# Dataset entries
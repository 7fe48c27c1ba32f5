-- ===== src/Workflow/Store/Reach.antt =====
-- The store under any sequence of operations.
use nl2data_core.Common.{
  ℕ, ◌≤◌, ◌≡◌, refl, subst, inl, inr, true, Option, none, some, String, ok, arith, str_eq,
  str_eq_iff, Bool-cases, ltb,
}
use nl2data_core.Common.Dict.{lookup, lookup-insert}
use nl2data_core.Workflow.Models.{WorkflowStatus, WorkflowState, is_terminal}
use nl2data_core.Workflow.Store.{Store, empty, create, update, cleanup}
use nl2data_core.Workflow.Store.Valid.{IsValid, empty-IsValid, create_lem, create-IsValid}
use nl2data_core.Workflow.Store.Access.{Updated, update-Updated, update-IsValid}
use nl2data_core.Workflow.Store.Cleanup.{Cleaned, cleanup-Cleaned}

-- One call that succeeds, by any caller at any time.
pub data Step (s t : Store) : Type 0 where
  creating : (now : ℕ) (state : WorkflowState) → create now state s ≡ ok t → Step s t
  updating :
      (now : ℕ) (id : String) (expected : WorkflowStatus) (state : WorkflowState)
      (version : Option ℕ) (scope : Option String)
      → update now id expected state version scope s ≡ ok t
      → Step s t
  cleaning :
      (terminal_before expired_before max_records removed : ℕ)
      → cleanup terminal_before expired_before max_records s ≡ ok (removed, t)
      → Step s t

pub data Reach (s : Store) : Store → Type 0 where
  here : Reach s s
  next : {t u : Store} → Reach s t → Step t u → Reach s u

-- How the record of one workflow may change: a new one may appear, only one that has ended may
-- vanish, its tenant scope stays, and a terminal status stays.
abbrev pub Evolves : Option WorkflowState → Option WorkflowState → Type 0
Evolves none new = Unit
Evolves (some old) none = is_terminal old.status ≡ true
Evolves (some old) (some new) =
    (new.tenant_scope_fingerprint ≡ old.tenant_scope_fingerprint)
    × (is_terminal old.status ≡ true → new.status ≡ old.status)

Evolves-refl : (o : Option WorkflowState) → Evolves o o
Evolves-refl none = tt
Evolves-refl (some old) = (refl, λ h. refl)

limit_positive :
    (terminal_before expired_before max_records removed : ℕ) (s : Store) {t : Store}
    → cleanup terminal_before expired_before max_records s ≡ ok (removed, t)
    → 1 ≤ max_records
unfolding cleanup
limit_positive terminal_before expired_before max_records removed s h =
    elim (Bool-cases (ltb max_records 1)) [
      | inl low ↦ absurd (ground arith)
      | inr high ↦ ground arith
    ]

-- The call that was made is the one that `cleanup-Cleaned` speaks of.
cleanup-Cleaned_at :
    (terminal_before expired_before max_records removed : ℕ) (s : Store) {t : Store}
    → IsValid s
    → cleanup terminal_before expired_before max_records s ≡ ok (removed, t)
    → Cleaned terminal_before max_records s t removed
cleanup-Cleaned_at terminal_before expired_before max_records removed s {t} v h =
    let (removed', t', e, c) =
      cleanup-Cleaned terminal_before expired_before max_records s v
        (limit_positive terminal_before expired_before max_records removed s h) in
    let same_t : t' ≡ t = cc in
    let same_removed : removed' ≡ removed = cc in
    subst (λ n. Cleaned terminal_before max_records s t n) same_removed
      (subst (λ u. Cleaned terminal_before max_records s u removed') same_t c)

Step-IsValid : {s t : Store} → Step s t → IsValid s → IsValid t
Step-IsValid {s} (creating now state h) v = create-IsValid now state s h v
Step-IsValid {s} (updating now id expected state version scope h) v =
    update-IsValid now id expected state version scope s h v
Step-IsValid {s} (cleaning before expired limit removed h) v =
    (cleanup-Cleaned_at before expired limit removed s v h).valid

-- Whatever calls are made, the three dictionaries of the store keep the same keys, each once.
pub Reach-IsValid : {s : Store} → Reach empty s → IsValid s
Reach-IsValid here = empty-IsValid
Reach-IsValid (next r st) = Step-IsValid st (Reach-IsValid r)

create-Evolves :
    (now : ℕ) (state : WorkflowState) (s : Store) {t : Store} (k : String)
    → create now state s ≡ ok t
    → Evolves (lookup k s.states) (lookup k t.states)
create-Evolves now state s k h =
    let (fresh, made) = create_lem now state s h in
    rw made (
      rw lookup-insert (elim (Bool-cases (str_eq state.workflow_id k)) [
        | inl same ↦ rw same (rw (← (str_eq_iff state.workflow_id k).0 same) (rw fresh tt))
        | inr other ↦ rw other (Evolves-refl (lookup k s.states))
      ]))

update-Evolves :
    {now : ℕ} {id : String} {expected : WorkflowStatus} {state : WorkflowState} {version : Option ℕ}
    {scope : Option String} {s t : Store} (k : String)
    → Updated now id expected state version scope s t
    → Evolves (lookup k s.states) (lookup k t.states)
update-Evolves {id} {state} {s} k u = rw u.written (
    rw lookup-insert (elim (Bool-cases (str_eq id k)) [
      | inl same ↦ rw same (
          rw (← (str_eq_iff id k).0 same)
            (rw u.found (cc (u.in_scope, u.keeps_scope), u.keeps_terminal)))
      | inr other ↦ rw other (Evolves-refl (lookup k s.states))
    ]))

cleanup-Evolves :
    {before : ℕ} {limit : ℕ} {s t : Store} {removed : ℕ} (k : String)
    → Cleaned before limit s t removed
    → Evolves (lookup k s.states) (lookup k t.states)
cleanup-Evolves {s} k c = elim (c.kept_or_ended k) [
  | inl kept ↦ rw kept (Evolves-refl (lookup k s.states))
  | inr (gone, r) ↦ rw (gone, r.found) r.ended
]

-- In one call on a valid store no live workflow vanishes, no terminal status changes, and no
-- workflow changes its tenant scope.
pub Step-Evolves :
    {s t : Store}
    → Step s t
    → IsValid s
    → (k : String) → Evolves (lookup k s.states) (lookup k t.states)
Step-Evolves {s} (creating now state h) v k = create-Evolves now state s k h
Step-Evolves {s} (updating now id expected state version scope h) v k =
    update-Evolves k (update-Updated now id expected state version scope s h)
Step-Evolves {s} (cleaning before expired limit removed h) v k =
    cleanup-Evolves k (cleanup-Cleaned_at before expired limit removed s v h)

# Required work
Extract all of the data shown above and repeat it verbatim.

# Output for this exercise
repository 7fe48c27c1ba32f5
-- ===== src/Workflow/Store/Reach.antt =====
-- The store under any sequence of operations.
use nl2data_core.Common.{
  ℕ, ◌≤◌, ◌≡◌, refl, subst, inl, inr, true, Option, none, some, String, ok, arith, str_eq,
  str_eq_iff, Bool-cases, ltb,
}
use nl2data_core.Common.Dict.{lookup, lookup-insert}
use nl2data_core.Workflow.Models.{WorkflowStatus, WorkflowState, is_terminal}
use nl2data_core.Workflow.Store.{Store, empty, create, update, cleanup}
use nl2data_core.Workflow.Store.Valid.{IsValid, empty-IsValid, create_lem, create-IsValid}
use nl2data_core.Workflow.Store.Access.{Updated, update-Updated, update-IsValid}
use nl2data_core.Workflow.Store.Cleanup.{Cleaned, cleanup-Cleaned}

-- One call that succeeds, by any caller at any time.
pub data Step (s t : Store) : Type 0 where
  creating : (now : ℕ) (state : WorkflowState) → create now state s ≡ ok t → Step s t
  updating :
      (now : ℕ) (id : String) (expected : WorkflowStatus) (state : WorkflowState)
      (version : Option ℕ) (scope : Option String)
      → update now id expected state version scope s ≡ ok t
      → Step s t
  cleaning :
      (terminal_before expired_before max_records removed : ℕ)
      → cleanup terminal_before expired_before max_records s ≡ ok (removed, t)
      → Step s t

pub data Reach (s : Store) : Store → Type 0 where
  here : Reach s s
  next : {t u : Store} → Reach s t → Step t u → Reach s u

-- How the record of one workflow may change: a new one may appear, only one that has ended may
-- vanish, its tenant scope stays, and a terminal status stays.
abbrev pub Evolves : Option WorkflowState → Option WorkflowState → Type 0
Evolves none new = Unit
Evolves (some old) none = is_terminal old.status ≡ true
Evolves (some old) (some new) =
    (new.tenant_scope_fingerprint ≡ old.tenant_scope_fingerprint)
    × (is_terminal old.status ≡ true → new.status ≡ old.status)

Evolves-refl : (o : Option WorkflowState) → Evolves o o
Evolves-refl none = tt
Evolves-refl (some old) = (refl, λ h. refl)

limit_positive :
    (terminal_before expired_before max_records removed : ℕ) (s : Store) {t : Store}
    → cleanup terminal_before expired_before max_records s ≡ ok (removed, t)
    → 1 ≤ max_records
unfolding cleanup
limit_positive terminal_before expired_before max_records removed s h =
    elim (Bool-cases (ltb max_records 1)) [
      | inl low ↦ absurd (ground arith)
      | inr high ↦ ground arith
    ]

-- The call that was made is the one that `cleanup-Cleaned` speaks of.
cleanup-Cleaned_at :
    (terminal_before expired_before max_records removed : ℕ) (s : Store) {t : Store}
    → IsValid s
    → cleanup terminal_before expired_before max_records s ≡ ok (removed, t)
    → Cleaned terminal_before max_records s t removed
cleanup-Cleaned_at terminal_before expired_before max_records removed s {t} v h =
    let (removed', t', e, c) =
      cleanup-Cleaned terminal_before expired_before max_records s v
        (limit_positive terminal_before expired_before max_records removed s h) in
    let same_t : t' ≡ t = cc in
    let same_removed : removed' ≡ removed = cc in
    subst (λ n. Cleaned terminal_before max_records s t n) same_removed
      (subst (λ u. Cleaned terminal_before max_records s u removed') same_t c)

Step-IsValid : {s t : Store} → Step s t → IsValid s → IsValid t
Step-IsValid {s} (creating now state h) v = create-IsValid now state s h v
Step-IsValid {s} (updating now id expected state version scope h) v =
    update-IsValid now id expected state version scope s h v
Step-IsValid {s} (cleaning before expired limit removed h) v =
    (cleanup-Cleaned_at before expired limit removed s v h).valid

-- Whatever calls are made, the three dictionaries of the store keep the same keys, each once.
pub Reach-IsValid : {s : Store} → Reach empty s → IsValid s
Reach-IsValid here = empty-IsValid
Reach-IsValid (next r st) = Step-IsValid st (Reach-IsValid r)

create-Evolves :
    (now : ℕ) (state : WorkflowState) (s : Store) {t : Store} (k : String)
    → create now state s ≡ ok t
    → Evolves (lookup k s.states) (lookup k t.states)
create-Evolves now state s k h =
    let (fresh, made) = create_lem now state s h in
    rw made (
      rw lookup-insert (elim (Bool-cases (str_eq state.workflow_id k)) [
        | inl same ↦ rw same (rw (← (str_eq_iff state.workflow_id k).0 same) (rw fresh tt))
        | inr other ↦ rw other (Evolves-refl (lookup k s.states))
      ]))

update-Evolves :
    {now : ℕ} {id : String} {expected : WorkflowStatus} {state : WorkflowState} {version : Option ℕ}
    {scope : Option String} {s t : Store} (k : String)
    → Updated now id expected state version scope s t
    → Evolves (lookup k s.states) (lookup k t.states)
update-Evolves {id} {state} {s} k u = rw u.written (
    rw lookup-insert (elim (Bool-cases (str_eq id k)) [
      | inl same ↦ rw same (
          rw (← (str_eq_iff id k).0 same)
            (rw u.found (cc (u.in_scope, u.keeps_scope), u.keeps_terminal)))
      | inr other ↦ rw other (Evolves-refl (lookup k s.states))
    ]))

cleanup-Evolves :
    {before : ℕ} {limit : ℕ} {s t : Store} {removed : ℕ} (k : String)
    → Cleaned before limit s t removed
    → Evolves (lookup k s.states) (lookup k t.states)
cleanup-Evolves {s} k c = elim (c.kept_or_ended k) [
  | inl kept ↦ rw kept (Evolves-refl (lookup k s.states))
  | inr (gone, r) ↦ rw (gone, r.found) r.ended
]

-- In one call on a valid store no live workflow vanishes, no terminal status changes, and no
-- workflow changes its tenant scope.
pub Step-Evolves :
    {s t : Store}
    → Step s t
    → IsValid s
    → (k : String) → Evolves (lookup k s.states) (lookup k t.states)
Step-Evolves {s} (creating now state h) v k = create-Evolves now state s k h
Step-Evolves {s} (updating now id expected state version scope h) v k =
    update-Evolves k (update-Updated now id expected state version scope s h)
Step-Evolves {s} (cleaning before expired limit removed h) v k =
    cleanup-Evolves k (cleanup-Cleaned_at before expired limit removed s v h)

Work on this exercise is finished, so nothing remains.